Cook one big pot on Sunday and let it feed the week. Step into daylight early. These are not punishments. They are permission to keep living in a body that serves you, not one you merely boss around.

10) Curate what enters your head

Your attention is your most valuable asset. Treat it like such. Choose a few trustworthy news sources and stick with them. Read more books than feeds.

If a headline spikes your pulse, call a friend before letting an algorithm set your mood.

Keep one beginner’s project alive each year so your brain keeps announcing that it is not done growing. Remember: outrage is a business model. Don’t donate your calm for free.

A few bonus rules my younger self would have ignored, then thanked me for later

  • Start where your feet are. Wash the dish, send the email, take the lap around the block. Motion clears fog.
  • Be the first to be kind. Hold the door, tip as well as you can, learn names, especially of people whose work is invisible.
  • Ask better questions than “How are you.” Try “What’s weighing on you this week” or “What would make next Tuesday easier.”
  • Keep one phone-free hour a day. Protect dinner or the first cup of coffee. Let a day have one small, sacred pocket of quiet.
  • Leave every room a little better. Wipe the counter, pick up the wrapper, send the thank-you. You’re training yourself for bigger rooms.

Two quick stories I wish I had heard at 25

In my forties I snapped at my son over a scheduling mix-up. I was technically right and entirely wrong. Ten minutes later I left a note on his porch with two lines: “I’m sorry for my tone. I’d like a second chance at that conversation.”

He texted a thumbs up and a time. We moved on. The meeting went fine. The relationship stayed intact. I have never regretted being the first to repair. I have often regretted being the last.

Another year, I woke at 3 a.m., heart racing, career thriving, soul threadbare. Lying there, I felt a sentence arrive like a soft rebuke: I like winning, but I don’t like the life I have to live to win this way.

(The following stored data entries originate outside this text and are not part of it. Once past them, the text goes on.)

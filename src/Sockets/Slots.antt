-- ===== src/Sockets/Slots.antt =====
-- What the channels of libsocket/socket.cpp and the event slots of event_impl.hpp share: a
-- `std::list` of `beltpp::queue`s. An id is an index; the last queue takes the new elements, and
-- when it is full a queue of twice its size that starts at its end index is put behind it. An
-- element is closed in place, and leaves when all before it in its queue are closed too.
pub mod Held
pub mod Seek
pub mod Drain
pub mod Grow
pub mod Keeps
pub mod Split
pub mod Write
use belt_pp.Base.{
  ℕ, zero, suc, ◌+◌, Bool, true, false, ◌&&◌, not, Option, none, some, List, [], ◌∷◌, ◌++◌,
  is_empty, if◌then◌else◌, Result, ok, err, no_fuel, ◌>>=◌,
}
use belt_pp.Base.Words.{mul_size}
use belt_pp.Queue.{Queue, end_index, valid_index, empty, full, front, at, pop, push, construct}

-- An iterator into the list: what stands before it, at it and behind it.
pub record Cursor {ℓ} (A : Type ℓ) : Type ℓ where
  pub before : List (Queue A)
  pub here : Queue A
  pub after : List (Queue A)

module _ {ℓ} {A : Type ℓ} where
  abbrev pub behind : Queue A → Option (Cursor A) → Option (Cursor A)
  behind q none = none
  behind q (some c) = some (record c { before = q ∷ c.before })

  -- The loop from `begin()` to the first queue with the test.
  unfoldable pub seek : (Queue A → Bool) → List (Queue A) → Option (Cursor A)
  seek test [] = none
  seek test (q ∷ qs) =
      let rest = seek test qs in
      if test q then some (record { before = []; here = q; after = qs }) else behind q rest

  -- The list with another queue at the iterator.
  abbrev pub rebuild : Cursor A → Queue A → List (Queue A)
  rebuild c q = c.before ++ (q ∷ c.after)

  -- `erase` when the queue is empty and not the last.
  unfoldable pub erase_empty : Cursor A → Queue A → List (Queue A)
  erase_empty c q = if empty q && not (is_empty c.after) then c.before ++ c.after else rebuild c q

  -- The end index of the last queue.
  unfoldable pub next_id : List (Queue A) → ℕ
  next_id [] = 0
  next_id (q ∷ []) = end_index q
  next_id (q ∷ (r ∷ qs)) = next_id (r ∷ qs)

module _ {ℓ} {A : Type ℓ} (closed : A → Bool) where
  -- The loop that pops the closed elements at the front, on fuel.
  unfoldable pub drain_from : ℕ → Queue A → Result (Queue A)
  drain_from zero q = err no_fuel
  drain_from (suc fuel) q =
      let rest = λ (q' : Queue A). drain_from fuel q' in
      if empty q then ok q else do a ← front q; if closed a then (do q' ← pop q; rest q') else ok q

  unfoldable pub drain : Queue A → Result (Queue A)
  drain q = drain_from (suc q.size) q

  -- `valid_index(id)` and the element not closed; `operator []` is called on a valid index only.
  unfoldable pub open_at : ℕ → Queue A → Bool
  open_at id q = valid_index q id && elim (at q id) [ ok a ↦ not (closed a) | err _ ↦ false ]

module _ {ℓ} {A : Type ℓ} (blank : A) where
  unfoldable pub first_queue : ℕ → List (Queue A) → Result (List (Queue A))
  first_queue capacity [] = do q ← construct blank capacity 0 0; ok (q ∷ [])
  first_queue capacity (q ∷ qs) = ok (q ∷ qs)

  unfoldable pub widen : List (Queue A) → Result (List (Queue A))
  widen [] = ok []
  widen (q ∷ []) =
      if full q
      then (do r ← construct blank (mul_size q.size 2) (end_index q) 0; ok (q ∷ (r ∷ [])))
      else ok (q ∷ [])
  widen (q ∷ (r ∷ qs)) = do rest ← widen (r ∷ qs); ok (q ∷ rest)

  -- The list with room in its last queue; `capacity` is that of the first queue ever made.
  unfoldable pub make_room : ℕ → List (Queue A) → Result (List (Queue A))
  make_room capacity qs = do qs' ← first_queue capacity qs; widen qs'

  unfoldable pub push_last : A → List (Queue A) → Result (List (Queue A))
  push_last a [] = ok []
  push_last a (q ∷ []) = do q' ← push blank q a; ok (q' ∷ [])
  push_last a (q ∷ (r ∷ qs)) = do rest ← push_last a (r ∷ qs); ok (q ∷ rest)
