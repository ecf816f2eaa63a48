-- ===== src/Sockets/Poll.antt =====
-- libsocket/poll_master.hpp, the Linux class: the descriptors under watch. What the kernel keeps of
-- the epoll instance is an argument, with its two calls; `none` is their -1, which changes nothing.
-- A handle is `none` for `invalid_value`. `m_arr_event` counts by its length alone: its entries are
-- written by `epoll_wait`.
use belt_pp.Base.{
  ℕ, suc, ◌-◌, Bool, true, false, Option, none, some, if◌then◌else◌, Result, ok, err, Fault,
  runtime_error,
}

pub data Task : Type 0 where
  remove_task accept_task connect_task receive_task send_task : Task

pub record Epoll (K : Type 0) : Type 0 where
  pub ctl_add : K → Option ℕ → ℕ → Bool → Option K
  pub ctl_del : K → Option ℕ → Option K

pub record PollMaster (K : Type 0) : Type 0 where
  pub kernel : K
  pub arr_event : ℕ

-- Whether the descriptor is watched for `EPOLLOUT` too.
abbrev pub wants_out : Task → Bool
wants_out connect_task = true
wants_out send_task = true
wants_out _ = false

-- A call that may throw, what is done with the state when it does, and what follows it.
abbrev pub proceed {ℓ κ ι} :
    {S : Type ℓ} {V : Type κ} {R : Type ι} → S × Result V → (S → Fault → R) → (S → V → R) → R
proceed (s, err f) thrown next = thrown s f
proceed (s, ok v) thrown next = next s v

module _ {K : Type 0} (epoll : Epoll K) where
  unfoldable pub poll_add : Option ℕ → ℕ → Task → PollMaster K → PollMaster K × Result (Unit {0})
  poll_add handle id action p = elim (epoll.ctl_add p.kernel handle id (wants_out action)) [
    | none ↦ (p, err runtime_error)
    | some k ↦ (record { kernel = k; arr_event = suc p.arr_event }, ok tt)
  ]

  unfoldable pub poll_remove : Option ℕ → Bool → PollMaster K → PollMaster K × Result (Unit {0})
  poll_remove handle already_closed p =
      if already_closed
      then (record p { arr_event = p.arr_event - 1 }, ok tt)
      else elim (epoll.ctl_del p.kernel handle) [
        | none ↦ (p, err runtime_error)
        | some k ↦ (record { kernel = k; arr_event = p.arr_event - 1 }, ok tt)
      ]
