-- ===== src/Sockets/Events.antt =====
-- libsocket/event_impl.hpp: `event_handler_impl`, the slots of the descriptors that an event handler
-- watches. A call answers with the state that it leaves and its result, so that what stands after
-- an exception shows.
pub mod Tables
pub mod Reuse
use belt_pp.Base.{
  ℕ, Bool, true, false, Option, none, some, List, [], ◌∷◌, not, Result, ok, err, runtime_error,
  out_of_range, ◌==◌, if◌then◌else◌, require, ◌>>=◌, ◌>>◌,
}
use belt_pp.Queue.{Queue, valid_index, at, put}
use belt_pp.Sockets.Slots.{
  Cursor, behind, seek, rebuild, erase_empty, drain, first_queue, widen, next_id, push_last,
}
use belt_pp.Sockets.Poll.{Epoll, PollMaster, Task, proceed, poll_add, poll_remove}

-- `m_pitem` is the identity of an `event_item`, 0 for the null pointer.
pub record EventSlot : Type 0 where
  pub closed : Bool
  pub item_id : ℕ
  pub item : ℕ

abbrev pub blank_slot : EventSlot
blank_slot = record { closed = false; item_id = 0; item = 0 }

abbrev pub slot_closed : EventSlot → Bool
slot_closed s = s.closed

-- `m_ids`, `m_poll_master` and `sync_eh_ids`.
pub record Events (K : Type 0) : Type 0 where
  pub ids : List (Queue EventSlot)
  pub poll : PollMaster K
  pub sync_ids : List ℕ

-- The loop of `add` that goes back from the last queue to the one with the id, or to the first.
unfoldable pub seek_last {ℓ} : {A : Type ℓ} → (Queue A → Bool) → List (Queue A) → Option (Cursor A)
seek_last test [] = none
seek_last test (q ∷ qs) = elim (seek_last test qs) [
  | some c ↦ behind q (some c)
  | none ↦ if test q then some (record { before = []; here = q; after = qs }) else none
]

unfoldable pub seek_back {ℓ} : {A : Type ℓ} → (Queue A → Bool) → List (Queue A) → Option (Cursor A)
seek_back test [] = none
seek_back test (q ∷ qs) = elim (seek_last test qs) [
  | some c ↦ behind q (some c)
  | none ↦ some (record { before = []; here = q; after = qs })
]

-- Where the new slot goes, with the id: `slot_id` again, or the next one, in a list with room.
unfoldable pub claim : Bool → ℕ → List (Queue EventSlot) → Result (List (Queue EventSlot) × ℕ)
claim reuse_slot slot_id ids = do
  ids' ← first_queue blank_slot 16 ids
  let next = (do ids'' ← widen blank_slot ids'; ok (ids'', next_id ids''))
  (if reuse_slot then ok (ids', slot_id) else next)

-- The write of the slot, through `operator []` or by `push`.
unfoldable pub place :
    Bool → ℕ → EventSlot → List (Queue EventSlot) → Result (List (Queue EventSlot))
place reuse_slot id slot ids =
    if reuse_slot
    then elim (seek_back (λ q. valid_index q id) ids) [
      | none ↦ err out_of_range
      | some c ↦ do q ← put c.here id slot; ok (rebuild c q)
    ]
    else push_last blank_slot slot ids

-- The slot that `wait` finds for an id.
unfoldable pub slot_of : ℕ → List (Queue EventSlot) → Result (Option EventSlot)
slot_of id ids = elim (seek (λ q. valid_index q id) ids) [
  | none ↦ ok none
  | some c ↦ do slot ← at c.here id; ok (some slot)
]

-- Membership in an `unordered_set` of ids.
unfoldable pub contains : ℕ → List ℕ → Bool
contains id [] = false
contains id (j ∷ js) = let rest = contains id js in if id == j then true else rest

-- The slot of an id that is not closed, closed in place.
unfoldable pub close_slot : Cursor EventSlot → ℕ → Result (Queue EventSlot)
close_slot c id = do
  slot ← at c.here id
  require (not slot.closed) runtime_error
  put c.here id (record slot { closed = true })

-- The queue with its closed slots popped, unless the slot is kept for another use.
unfoldable pub release : Bool → Queue EventSlot → Result (Queue EventSlot)
release keep_slot q = if keep_slot then ok q else drain slot_closed q

module _ {K : Type 0} (epoll : Epoll K) where
  -- `add`: the poll master first, and its `remove` again when the slot is not written.
  unfoldable pub add : ℕ → Option ℕ → ℕ → Task → Bool → ℕ → Events K → Events K × Result ℕ
  add item handle item_id action reuse_slot slot_id e = elim (claim reuse_slot slot_id e.ids) [
    | err f ↦ (e, err f)
    | ok (ids, id) ↦
        let slot : EventSlot = record { closed = false; item_id = item_id; item = item } in
        proceed (poll_add epoll handle id action e.poll)
          (λ poll f. (record e { ids = ids; poll = poll }, err f))
          (λ poll _. elim (place reuse_slot id slot ids) [
            | err f ↦
                (record e { ids = ids; poll = (poll_remove epoll handle false poll).0 }, err f)
            | ok ids' ↦ (record e { ids = ids'; poll = poll }, ok id)
          ])
  ]

  unfoldable pub remove : Option ℕ → ℕ → Bool → Bool → Events K → Events K × Result (Unit {0})
  remove handle id already_closed keep_slot e = elim (seek (λ q. valid_index q id) e.ids) [
    | none ↦ (e, err runtime_error)
    | some c ↦ elim (close_slot c id) [
      | err f ↦ (e, err f)
      | ok q ↦
          proceed (poll_remove epoll handle already_closed e.poll)
            (λ poll f. (record e { ids = rebuild c q; poll = poll }, err f))
            (λ poll _. elim (release keep_slot q) [
              | err f ↦ (record e { ids = rebuild c q; poll = poll }, err f)
              | ok q' ↦ (record e { ids = erase_empty c q'; poll = poll }, ok tt)
            ])
    ]
  ]

module _ {K : Type 0} where
  -- `set_sync_result`; an `unordered_set` has an id once.
  unfoldable pub set_sync_result : ℕ → Events K → Events K
  set_sync_result id e =
      if contains id e.sync_ids then e else record e { sync_ids = id ∷ e.sync_ids }
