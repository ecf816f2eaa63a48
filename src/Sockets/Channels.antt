-- ===== src/Sockets/Channels.antt =====
-- libsocket/socket.cpp: the channels of a socket, and the slots that they have with the event
-- handler. A call answers with the state that it leaves and its result. The calls of the operating
-- system are arguments: `connect`, what `get_socket_bundle` reads (or its exception), and `close`,
-- which says whether it succeeded. A byte is a number; `no_session` is a new
-- `session_special_data`. The `std::string` of a peer id stands by the id and the bundle in it.
pub mod Links
pub mod Delete
pub mod Add
pub mod Join
pub mod Get
pub mod Sound
pub mod Reached
use belt_pp.Base.{
  ℕ, Bool, true, false, Option, none, some, List, [], ◌==◌, not, ◌||◌, Result, ok, err, Fault,
  terminate, runtime_error, if◌then◌else◌, ◌>>=◌,
}
use belt_pp.Queue.{Queue, valid_index, at, put}
use belt_pp.Sockets.Slots.{
  Cursor, seek, rebuild, erase_empty, drain, open_at, make_room, next_id, push_last,
}
use belt_pp.Sockets.Poll.{Epoll, PollMaster, Task, accept_task, connect_task, receive_task, proceed}
use belt_pp.Sockets.Events.{Events, add, remove, set_sync_result}

-- `ip_destination`, `ip_address::e_type`, `ip_address` and `peer_type` of belt.pp/isocket.hpp.
pub record IpDestination : Type 0 where
  pub address : List ℕ
  pub port : ℕ

pub data IpType : Type 0 where
  any ipv4 ipv6 : IpType

pub record IpAddress : Type 0 where
  pub ip_type : IpType
  pub local : IpDestination
  pub remote : IpDestination

pub data PeerType : Type 0 where
  listening streaming_opened streaming_accepted : PeerType

-- `sync_result` of libsocket/native.hpp.
pub record SyncResult : Type 0 where
  pub is_set : Bool
  pub succeeded : Bool
  pub error_code : ℕ

abbrev pub no_address : IpAddress
no_address = record {
  ip_type = any;
  local = record { address = []; port = 0 };
  remote = record { address = []; port = 0 };
}

abbrev pub no_sync : SyncResult
no_sync = record { is_set = false; succeeded = false; error_code = 0 }

abbrev pub no_bytes : Queue ℕ
no_bytes = record { start = 0; size = 0; loops = 0; buf = [] }

pub record Channel (S : Type 0) : Type 0 where
  pub closed : Bool
  pub descriptor : Option ℕ
  pub kind : PeerType
  pub attempts : ℕ
  pub eh_id : ℕ
  pub bundle : IpAddress
  pub bundle_from_network : IpAddress
  pub receive_stream : Queue ℕ
  pub send_stream : Queue ℕ
  pub special_data : S
  pub sync : SyncResult

abbrev pub channel_closed : {S : Type 0} → Channel S → Bool
channel_closed c = c.closed

-- The event handler, and `m_lst_channels`.
pub record Sockets (K S : Type 0) : Type 0 where
  pub events : Events K
  pub channels : List (Queue (Channel S))

pub record Net (K : Type 0) : Type 0 where
  pub connect : K → Option ℕ → List ℕ → K × SyncResult
  pub socket_bundle : K → Option ℕ → Result IpAddress
  pub close : K → ℕ → K × Bool

-- What the event handler waits for.
unfoldable pub task_of : PeerType → ℕ → Task
task_of listening attempts = accept_task
task_of kind attempts = if attempts == 0 then receive_task else connect_task

-- `get_channel` and `get_channel_safe`.
module _ {K S : Type 0} where
  unfoldable pub get_channel : ℕ → Sockets K S → Result (Channel S)
  get_channel id s = elim (seek (λ q. valid_index q id) s.channels) [
    | none ↦ err runtime_error
    | some c ↦ at c.here id
  ]

  unfoldable pub get_channel_safe : ℕ → Sockets K S → Result (Option (Channel S))
  get_channel_safe id s = elim (seek (open_at channel_closed id) s.channels) [
    | none ↦ ok none
    | some c ↦ do channel ← at c.here id; ok (some channel)
  ]

  abbrev pub kernel_of : Sockets K S → K
  kernel_of s = s.events.poll.kernel

-- The state with another kernel.
abbrev pub with_kernel : {K : Type 0} → K → Events K → Events K
with_kernel k e = record e { poll = record { kernel = k; arr_event = e.poll.arr_event } }

-- `socket_bundle`: the remote end of a channel that is to connect stays the one asked for.
unfoldable pub bundle_for : Task → IpAddress → IpAddress → IpAddress
bundle_for connect_task address bundle = record bundle { remote = address.remote }
bundle_for _ address bundle = bundle

module _ {S : Type 0} (no_session : S) where
  abbrev pub blank_channel : Channel S
  blank_channel = record {
    closed = false;
    descriptor = none;
    kind = listening;
    attempts = 0;
    eh_id = 0;
    bundle = no_address;
    bundle_from_network = no_address;
    receive_stream = no_bytes;
    send_stream = no_bytes;
    special_data = no_session;
    sync = no_sync;
  }

  -- What is left of a channel that is deleted.
  abbrev pub shut : Channel S → Channel S
  shut c = record c {
    closed = true;
    descriptor = none;
    receive_stream = no_bytes;
    send_stream = no_bytes;
    special_data = no_session;
  }

module _ {K : Type 0} (net : Net K) where
  -- `native::connect` for a channel that is to connect, with `set_sync_result`.
  unfoldable pub connecting : Task → Option ℕ → ℕ → List ℕ → Events K → Events K × SyncResult
  connecting connect_task handle eh_id addr e =
      let (k, sync) = net.connect e.poll.kernel handle addr in
      let e' = with_kernel k e in (if sync.is_set then set_sync_result eh_id e' else e', sync)
  connecting _ handle eh_id addr e = (e, no_sync)

  -- `socket_handle::reset`, which makes the handle `invalid_value`.
  unfoldable pub reset_handle : Option ℕ → K → K × Bool
  reset_handle none k = (k, true)
  reset_handle (some handle) k = net.close k handle

-- The guard of `add_channel`; an exception in its destructor ends the program.
unfoldable pub undo {ℓ} :
    {K S : Type 0} {V : Type ℓ} (epoll : Epoll K)
    → Option ℕ
    → ℕ
    → Fault
    → Sockets K S
    → Sockets K S × Result V
undo epoll handle eh_id f s =
    proceed (remove epoll handle eh_id false false s.events)
      (λ e _. (record s { events = e }, err terminate)) (λ e _. (record s { events = e }, err f))

module _ {K S : Type 0} (no_session : S) (epoll : Epoll K) (net : Net K) where
  unfoldable pub add_channel :
      ℕ
      → Option ℕ
      → PeerType
      → ℕ
      → List ℕ
      → IpAddress
      → Sockets K S
      → Sockets K S × Result (ℕ × IpAddress)
  add_channel self handle kind attempts addr address s =
      elim (make_room (blank_channel no_session) 4 s.channels) [
        | err f ↦ (s, err f)
        | ok chans ↦
            let id = next_id chans in
            let action = task_of kind attempts in
            proceed (add epoll self handle id action false 0 s.events)
              (λ e f. (record { events = e; channels = chans }, err f))
              (λ e eh_id.
                let (e', sync) = connecting net action handle eh_id addr e in
                let s' : Sockets K S = record { events = e'; channels = chans } in
                elim (net.socket_bundle e'.poll.kernel handle) [
                  | err f ↦ undo epoll handle eh_id f s'
                  | ok network ↦
                      let bundle = bundle_for action address network in
                      let channel : Channel S = record {
                        closed = false;
                        descriptor = handle;
                        kind = kind;
                        attempts = attempts;
                        eh_id = eh_id;
                        bundle = bundle;
                        bundle_from_network = network;
                        receive_stream = no_bytes;
                        send_stream = no_bytes;
                        special_data = no_session;
                        sync = sync;
                      } in
                      elim (push_last (blank_channel no_session) channel chans) [
                        | err f ↦ undo epoll handle eh_id f s'
                        | ok chans' ↦ (record s' { channels = chans' }, ok (id, bundle))
                      ]
                ])
      ]

  unfoldable pub delete_channel : ℕ → Sockets K S → Sockets K S × Result (Unit {0})
  delete_channel id s = elim (seek (open_at channel_closed id) s.channels) [
    | none ↦ (s, ok tt)
    | some c ↦ elim (at c.here id) [
      | err f ↦ (s, err f)
      | ok channel ↦
          let (k, close_succeeded) = reset_handle net channel.descriptor (kernel_of s) in
          let e = with_kernel k s.events in
          elim (put c.here id (shut no_session channel)) [
            | err f ↦ (record s { events = e }, err f)
            | ok q ↦
                proceed (remove epoll none channel.eh_id true false e)
                  (λ e' f. (record { events = e'; channels = rebuild c q }, err f))
                  (λ e' _. elim (drain channel_closed q) [
                    | err f ↦ (record { events = e'; channels = rebuild c q }, err f)
                    | ok q' ↦ (
                      record { events = e'; channels = erase_empty c q' },
                      if close_succeeded then ok tt else err runtime_error,
                    )
                  ])
          ]
    ]
  ]

  -- The branch of `receive` for a connection that has come about: the slot is kept for the same id,
  -- now to receive, and the channel's fields are set. `current_channel` is a reference, so what was
  -- assigned before an exception stays.
  unfoldable pub connect_success : ℕ → ℕ → Sockets K S → Sockets K S × Result (Unit {0})
  connect_success self id s = elim (seek (open_at channel_closed id) s.channels) [
    | none ↦ (s, ok tt)
    | some c ↦ elim (at c.here id) [
      | err f ↦ (s, err f)
      | ok channel ↦
          proceed (remove epoll channel.descriptor channel.eh_id false true s.events)
            (λ e f. (record s { events = e }, err f))
            (λ e _.
              proceed (add epoll self channel.descriptor id receive_task true channel.eh_id e)
                (λ e' f. (record s { events = e' }, err f))
                (λ e' eh_id.
                  let set = record channel { eh_id = eh_id; attempts = 0 } in
                  let write = λ (channel' : Channel S) (after : Result (Unit {0})).
                    let r : Sockets K S × Result (Unit {0}) = elim (put c.here id channel') [
                      | err f ↦ (record s { events = e' }, err f)
                      | ok q ↦ (record { events = e'; channels = rebuild c q }, after)
                    ] in
                    r in
                  elim (net.socket_bundle e'.poll.kernel channel.descriptor) [
                    | err f ↦ write set (err f)
                    | ok network ↦ write (record set { bundle_from_network = network }) (ok tt)
                  ]))
    ]
  ]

That was the day I began protecting Tuesdays, choosing depth over display, and treating my calendar like a garden instead of a landfill.

How to put this into an ordinary week

One morning anchor you will actually do: stretch, pray, journal, or a 10-minute walk. Keep it short so you keep it.

Two real check-ins with people you care about. Ask for the second answer, the one after “I’m fine.”

Three rails for health: water first, move your body, protect sleep. If the day falls apart, restart on the next rail.

One act of repair: apologize to someone or fix one small thing in your home so future you smiles.

One curiosity alive on your counter: a book you’re actually reading, a recipe you’re trying, a hobby you’re allowed to be bad at.

Do this for a month and watch your life feel less like a performance and more like a place you live.

Final thoughts I wish I could mail back in time

Aim for a life that feels good from the inside. Titles expire, trends fade, applause wanders off to the next stage.

What stays is how you treat people, the habits that keep your body willing, the courage to tell the truth sooner, and the discipline to make ordinary days gentle.

You will not get it perfect. No one does. The good life is not the absence of mistakes. It is the presence of better responses.

So write the note. Take the walk. Make the small apology. Save less face and more relationships. Be the person whose presence lowers the temperature in the room.

When you’re my age, you will not wish you had worked later or shouted louder. You will wish you had loved earlier, rested deeper, and treated Tuesdays like the sacred ground they always were.